LÉGISLATION, pages [389-400].

INDEX BIBLIOGRAPHIQUE, pages [401-410].

TABLE ALPHABÉTIQUE, pages [411-421].


TITRE PREMIER.
NOTIONS PRÉLIMINAIRES.

CHAPITRE PREMIER.
HISTORIQUE.

1. Le nombre et l'importance des bibliothèques ont été, dans tous les temps et tous les pays, proportionnés au degré de culture intellectuelle des peuples. Les écrivains de l'antiquité nous ont transmis le souvenir de la bibliothèque de Thèbes, la plus ancienne de toutes, fondée, suivant la tradition, 1600 ans avant Jésus-Christ, par Osymandias, qui fit graver sur la porte l'inscription: «Trésor des remèdes de l'âme»; de celle du Temple de Jérusalem, où l'on conservait les livres de Moïse, des Rois et des Prophètes; de la première bibliothèque d'Athènes, formée par Pisistrate, c'est-à-dire au VIe siècle avant l'ère chrétienne; de la bibliothèque plus célèbre de Pergame, créée par Attale Ier, qui ne compta pas moins de 200,000 volumes; et surtout de l'admirable bibliothèque d'Alexandrie ou des Ptolémées, commencée par Ptolémée-Soter au Sérapéum, et portée par ses successeurs à un degré de richesse inouï; elle atteignit, dit-on, 700,000 volumes et fut anéantie par le feu, lors de la conquête de l'Égypte par César, comme, depuis, celle qui la remplaça fut détruite par les ordres d'Omar.

2. Rome posséda aussi, mais seulement aux derniers jours de la République, des bibliothèques publiques: la première, établie par Asinius Pollion dans l'Atrium de la Liberté, sur le mont Aventin; celle d'Auguste, la Palatine, près le temple d'Apollon sur le mont Palatin; la bibliothèque Octavienne, à l'extrémité du Portique d'Octavie; celle du Temple de la Paix, créée par Vespasien; celle de Trajan, bien connue sous le nom d'Elpienne, que Dioclétien annexa plus tard à ses Thermes.
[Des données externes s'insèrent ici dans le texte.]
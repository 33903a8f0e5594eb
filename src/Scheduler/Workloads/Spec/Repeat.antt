-- ===== src/Scheduler/Workloads/Spec/Repeat.antt =====
-- workload_control.go: an update of a specification that is sent again.
use persys_cloud.Prelude.{
  ℕ, String, ◌≡◌, refl, ◌∙◌, Bool, true, false, not, ◌&&◌, List, [], ◌∷◌, Option, none, some,
  if◌then◌else◌, is_empty, Assoc, lookup, all, ◌==◌, eq_refl, arith, inl, inr, Bool-cases,
}
use persys_cloud.Text.{trim_space}
use persys_cloud.Scheduler.Models.{Workload, VmSpec, VmDisk, ManagedVolumeSpec}
use persys_cloud.Scheduler.Store.{normalize_desired_state, ensure_workload_revision}
use persys_cloud.Scheduler.Retry.{clear_reapply_metadata}
use persys_cloud.Scheduler.Workloads.Spec.{
  texts_eq, text_is, maps_eq, bool_eq, volume_eq, volumes_eq, disk_eq, disks_eq, vm_eq, given,
  nonempty, has_some, spec_changed, desired_changed, with_update, updated_workload,
}

texts_eq_refl : (l : List String) → texts_eq l l ≡ true
unfolding texts_eq
texts_eq_refl [] = refl
texts_eq_refl (s ∷ l) = rw (eq_refl s, texts_eq_refl l) refl

volume_eq_refl : (v : ManagedVolumeSpec) → volume_eq v v ≡ true
unfolding volume_eq bool_eq
volume_eq_refl v = ground (
  arith,
  eq_refl v.name,
  eq_refl v.driver,
  eq_refl v.access_mode,
  eq_refl v.fs_type,
  eq_refl v.mount_path,
  eq_refl v.retain_policy,
  Bool-cases v.read_only,
)

volumes_eq_refl : (l : List ManagedVolumeSpec) → volumes_eq l l ≡ true
unfolding volumes_eq
volumes_eq_refl [] = refl
volumes_eq_refl (v ∷ l) = rw (volume_eq_refl v, volumes_eq_refl l) refl

disk_eq_refl : (d : VmDisk) → disk_eq d d ≡ true
unfolding disk_eq bool_eq
disk_eq_refl d =
    ground
      (arith, eq_refl d.path, eq_refl d.device, eq_refl d.format, eq_refl d.kind, Bool-cases d.boot)

disks_eq_refl : (l : List VmDisk) → disks_eq l l ≡ true
unfolding disks_eq
disks_eq_refl [] = refl
disks_eq_refl (d ∷ l) = rw (disk_eq_refl d, disks_eq_refl l) refl

vm_eq_refl : (o : Option VmSpec) → vm_eq o o ≡ true
unfolding vm_eq
vm_eq_refl none = refl
vm_eq_refl (some v) =
    rw (eq_refl v.settings, disks_eq_refl v.disks, volumes_eq_refl v.managed_volumes) refl

-- A list of entries that is a map: each entry is what its key finds.
abbrev pub IsMap : Assoc String → Type 0
IsMap m = all (λ e. text_is e.1 (lookup e.0 m)) m ≡ true

maps_eq_refl : (m : Assoc String) → IsMap m → maps_eq m m ≡ true
unfolding maps_eq
maps_eq_refl m h = rw h (ground arith)

-- A field that was taken over where it was given does not differ any more.
taken_over {ℓ} :
    {A : Type ℓ} (eq : A → A → Bool) (b : Bool) (old new : A)
    → eq new new ≡ true
    → (b && not (eq (if b then new else old) new)) ≡ false
taken_over eq true old new h = rw h refl
taken_over eq false old new h = refl

kept_empty {ℓ} :
    {A : Type ℓ} (eq : A → A → Bool) (b : Bool) (old new : A)
    → eq new new ≡ true
    → (not b && not (eq (if b then old else new) new)) ≡ false
kept_empty eq true old new h = refl
kept_empty eq false old new h = rw h refl

module _ {F : Type 0} where
  with_update-spec_changed :
      (w u : Workload F)
      → IsMap u.env_vars
      → IsMap u.labels
      → spec_changed (with_update w u) u ≡ false
  unfolding spec_changed with_update
  with_update-spec_changed w u env labels =
      rw
        (
          taken_over (λ a b. a == b) (given u.name) w.name u.name (eq_refl u.name),
          taken_over (λ a b. a == b) (given u.kind) w.kind u.kind (eq_refl u.kind),
          taken_over (λ a b. a == b) (given u.image) w.image u.image (eq_refl u.image),
          taken_over (λ a b. a == b) (nonempty u.command) w.command u.command (eq_refl u.command),
          kept_empty texts_eq (is_empty u.command_list) w.command_list u.command_list
              (texts_eq_refl u.command_list),
          taken_over (λ a b. a == b) (nonempty u.compose) w.compose u.compose (eq_refl u.compose),
          taken_over (λ a b. a == b) (nonempty u.compose_yaml) w.compose_yaml u.compose_yaml
              (eq_refl u.compose_yaml),
          taken_over (λ a b. a == b) (nonempty u.project_name) w.project_name u.project_name
              (eq_refl u.project_name),
          kept_empty maps_eq (is_empty u.env_vars) w.env_vars u.env_vars
              (maps_eq_refl u.env_vars env),
          kept_empty maps_eq (is_empty u.labels) w.labels u.labels (maps_eq_refl u.labels labels),
          kept_empty texts_eq (is_empty u.ports) w.ports u.ports (texts_eq_refl u.ports),
          kept_empty texts_eq (is_empty u.volumes) w.volumes u.volumes (texts_eq_refl u.volumes),
          taken_over (λ a b. a == b) (nonempty u.restart_policy) w.restart_policy u.restart_policy
              (eq_refl u.restart_policy),
          taken_over vm_eq (has_some u.vm) w.vm u.vm (vm_eq_refl u.vm),
        )
        refl

  with_update-desired_changed : (w u : Workload F) → desired_changed (with_update w u) u ≡ false
  unfolding desired_changed with_update
  with_update-desired_changed w u =
      taken_over (λ a b. a == b) (given u.desired_state) w.desired_state
        (normalize_desired_state u.desired_state)
        (eq_refl (normalize_desired_state u.desired_state))

  -- The comparison reads none of the fields that an update sets besides those taken over.
  updated_workload-spec_changed :
      (digest : Workload F → String) (now : ℕ) (w u : Workload F)
      → spec_changed (updated_workload digest now w u) u ≡ spec_changed (with_update w u) u
  unfolding updated_workload ensure_workload_revision clear_reapply_metadata with_update trim_space
  updated_workload-spec_changed digest now w u = elim (Bool-cases (spec_changed w u)) [
    | inl e ↦ rw e (unfold spec_changed in refl)
    | inr e ↦ elim (Bool-cases (desired_changed w u)) [
      | inl d ↦ rw (e, d) (unfold spec_changed in refl)
      | inr d ↦ rw (e, d) (unfold spec_changed in refl)
    ]
  ]

  updated_workload-desired_changed :
      (digest : Workload F → String) (now : ℕ) (w u : Workload F)
      → desired_changed (updated_workload digest now w u) u ≡ desired_changed (with_update w u) u
  unfolding updated_workload ensure_workload_revision clear_reapply_metadata with_update trim_space
  updated_workload-desired_changed digest now w u = elim (Bool-cases (spec_changed w u)) [
    | inl e ↦ rw e (unfold desired_changed in refl)
    | inr e ↦ elim (Bool-cases (desired_changed w u)) [
      | inl d ↦ rw (e, d) (unfold desired_changed in refl)
      | inr d ↦ rw (e, d) (unfold desired_changed in refl)
    ]
  ]

  -- Where its environment and labels are maps, an update that was applied finds nothing to change when it
  -- is sent again: neither the specification nor the desired state differs.
  pub updated_workload-repeated :
      (digest : Workload F → String) (now : ℕ) (w u : Workload F)
      → IsMap u.env_vars
      → IsMap u.labels
      → (spec_changed (updated_workload digest now w u) u ≡ false)
        × (desired_changed (updated_workload digest now w u) u ≡ false)
  updated_workload-repeated digest now w u env labels = (
    updated_workload-spec_changed digest now w u ∙ with_update-spec_changed w u env labels,
    updated_workload-desired_changed digest now w u ∙ with_update-desired_changed w u,
  )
On ne comptait pas moins de vingt-neuf bibliothèques publiques à Rome, au milieu du IVe siècle. Plusieurs riches particuliers s'étaient aussi formé des collections considérables. On citait les bibliothèques de Cicéron, d'Atticus, de Lucullus; cette dernière ouverte au public, à ce que rapporte Plutarque. Les livres étaient en rouleaux et les cases qui les contenaient offraient un aspect analogue à celles de nos magasins de papiers peints; chaque volume était muni d'un pittaccium, sorte d'étiquette où l'on inscrivait son titre.

3. Dans les premiers siècles de notre ère, les chrétiens fondèrent plusieurs bibliothèques dont la plus célèbre fut celle de Césarée, où saint Jérôme trouva le texte hébraïque de l'Évangile de saint Mathieu. Chaque église fut même pourvue d'une bibliothèque, mais aucune ne survécut aux incendies allumés pendant la persécution de Dioclétien. La bibliothèque commencée à Constantinople par Constantin, et élevée à 100,000 volumes par Théodose, fut détruite ainsi au VIIIe siècle, sur l'ordre de Léon l'Isaurien, le protecteur des iconoclastes. Le même sort atteignit d'ailleurs presque toutes les bibliothèques, au temps des invasions des Barbares.